__Aim of the task__:
Check each line below for "that" and say how many have it, with no other words.

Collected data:
-- ===== src/Remote/Words.antt =====
-- What a POSIX shell makes of quoted words: a reader of words, written from the rules of the shell
-- and not from `quote`, and what it reads back.
use joyrun.Base.{
  ℕ, zero, suc, ◌≡◌, refl, sym, ap, ◌∙◌, Bool, true, false, ◌||◌, Option, none, some, List, [], ◌∷◌,
  ◌++◌, if◌then◌else◌, nat_eq, arith, ◌⊎◌, inl, inr, Bool-cases, any, append_assoc, append-nil,
  length, map,
}
use joyrun.Base.Text.{Text, codes}
use joyrun.Base.Strings.{is_empty}
use joyrun.Remote.{
  escape, quote, open_ssh_options_for, quoted_pairs, join_blank, open_ssh_shell_for,
}

pub data Mode : Type 0 where
  bare single double : Mode

abbrev is_blank : ℕ → Bool
is_blank c = nat_eq c b' ' || nat_eq c 9

-- What a bare word may not hold without being expanded or ending a command.
abbrev is_special : ℕ → Bool
is_special c = nat_eq c 10 || any (nat_eq c) (codes "$`\\;&|<>()*?[]#~{}!^")

-- What double quotes do not protect.
abbrev is_expanded : ℕ → Bool
is_expanded c = any (nat_eq c) (codes "$`\\!")

abbrev pub after : ℕ → Option (Text × Text) → Option (Text × Text)
after c none = none
after c (some (w, rest)) = some (c ∷ w, rest)

abbrev pub after_all : Text → Option (Text × Text) → Option (Text × Text)
after_all s none = none
after_all s (some (w, rest)) = some (s ++ w, rest)

-- One word and what follows it; `none` where the shell would expand something, end the command or
-- miss a closing quote.
unfoldable pub read_word : Mode → Text → Option (Text × Text)
read_word Mode.bare [] = some ([], [])
read_word Mode.bare (c ∷ s) =
    let in_single = read_word Mode.single s in
    let in_double = read_word Mode.double s in
    let more = read_word Mode.bare s in
    if nat_eq c b'\''
    then in_single
    else if nat_eq c b'"'
    then in_double
    else if is_blank c
    then some ([], c ∷ s)
    else if is_special c
    then none
    else after c more
read_word Mode.single [] = none
read_word Mode.single (c ∷ s) =
    let closed = read_word Mode.bare s in
    let more = read_word Mode.single s in if nat_eq c b'\'' then closed else after c more
read_word Mode.double [] = none
read_word Mode.double (c ∷ s) =
    let closed = read_word Mode.bare s in
    let more = read_word Mode.double s in
    if nat_eq c b'"' then closed else if is_expanded c then none else after c more

after-after_all :
    (c : ℕ) (s : Text) (o : Option (Text × Text)) → after c (after_all s o) ≡ after_all (c ∷ s) o
after-after_all c s none = refl
after-after_all c s (some (w, rest)) = refl

after_all-nil : (o : Option (Text × Text)) → after_all [] o ≡ o
after_all-nil none = refl
after_all-nil (some (w, rest)) = refl

-- What the shell reads after an open apostrophe and an escaped text.
abbrev tail_of : Text → Text → Text
tail_of s rest = escape s ++ b'\'' ∷ rest

read_word-escape :
    (s rest : Text)
    → read_word Mode.single (tail_of s rest) ≡ after_all s (read_word Mode.bare rest)
unfolding read_word escape
read_word-escape [] rest = sym (after_all-nil _)
read_word-escape (c ∷ s) rest = go (Bool-cases (nat_eq c b'\'')) (read_word-escape s rest)
  where
    go :
        (nat_eq c b'\'' ≡ true) ⊎ (nat_eq c b'\'' ≡ false)
        → read_word Mode.single (tail_of s rest) ≡ after_all s (read_word Mode.bare rest)
        → read_word Mode.single (tail_of (c ∷ s) rest)
          ≡ after_all (c ∷ s) (read_word Mode.bare rest)
    go (inl e) ih =
        rw (e, ih)
          (ap (λ d. after d (after_all s (read_word Mode.bare rest))) (ground arith)
            ∙ after-after_all c s _)
    go (inr e) ih = rw (e, e, ih) (after-after_all c s _)

-- A quoted text is read as one word, the text itself, which goes on with what stands behind it.
pub read_word-quote :
    (s rest : Text) → read_word Mode.bare (quote s ++ rest) ≡ after_all s (read_word Mode.bare rest)
unfolding read_word quote
read_word-quote s rest =
    ap (read_word Mode.single) (append_assoc (escape s) (b'\'' ∷ []) rest) ∙ read_word-escape s rest

abbrev skip_blank : Text → Text
skip_blank [] = []
skip_blank (c ∷ s) = if is_blank c then s else c ∷ s

abbrev put : Text → Option (List Text) → Option (List Text)
put w none = none
put w (some ws) = some (w ∷ ws)

abbrev next : Option (Text × Text) → (Text → Option (List Text)) → Option (List Text)
next none f = none
next (some (w, rest)) f = put w (f (skip_blank rest))

-- A text that is so many words, one blank between two of them, and nothing more.
unfoldable pub read_words : ℕ → Text → Option (List Text)
read_words zero [] = some []
read_words zero (c ∷ s) = none
read_words (suc n) s = next (read_word Mode.bare s) (read_words n)

-- A quoted text alone is one word, the text itself.
pub read_word-last : (s : Text) → read_word Mode.bare (quote s) ≡ some (s, [])
unfolding read_word
read_word-last s =
    ap (read_word Mode.bare) (sym (append-nil (quote s)))
    ∙ read_word-quote s []
    ∙ ap (λ w. some (w, [])) (append-nil s)

read_word-blank :
    (s rest : Text) → read_word Mode.bare (quote s ++ b' ' ∷ rest) ≡ some (s, b' ' ∷ rest)
unfolding read_word
read_word-blank s rest =
    read_word-quote s (b' ' ∷ rest) ∙ ap (λ w. some (w, b' ' ∷ rest)) (append-nil s)

-- Quoted words that blanks join are read back as the same words.
pub read_words-join_blank :
    (w : Text) (ws : List Text)
    → read_words (suc (length ws)) (join_blank (map quote (w ∷ ws))) ≡ some (w ∷ ws)
unfolding read_words join_blank
read_words-join_blank w [] = rw (read_word-last w) refl
read_words-join_blank w (v ∷ ws) =
    rw (read_word-blank w (join_blank (map quote (v ∷ ws))), read_words-join_blank v ws) refl

ssh-words :
    (w : Text) (ws : List Text)
    → quoted_pairs (w ∷ ws) ≡ map quote (w ∷ ws)
    → read_words (suc (suc (length ws))) (join_blank (codes "ssh" ∷ quoted_pairs (w ∷ ws)))
      ≡ some (codes "ssh" ∷ w ∷ ws)
unfolding read_word read_words join_blank
ssh-words w ws even = rw even (ap (put (codes "ssh")) (read_words-join_blank w ws))

-- The command that OpenSSHShellFor hands to rsync is read by a POSIX shell as "ssh" and then exactly
-- the options of OpenSSHOptionsFor, whatever bytes the control path holds.
pub open_ssh_shell_for-words :
    (control_path : Text)
    → read_words
        (suc (length (open_ssh_options_for control_path)))
        (open_ssh_shell_for control_path)
      ≡ some (codes "ssh" ∷ open_ssh_options_for control_path)
unfolding open_ssh_shell_for open_ssh_options_for quoted_pairs
open_ssh_shell_for-words control_path = elim (Bool-cases (is_empty control_path)) [
  | inl e ↦ rw e (ssh-words _ _ refl)
  | inr e ↦ rw e (ssh-words _ _ refl)
]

__Exercise response__:
3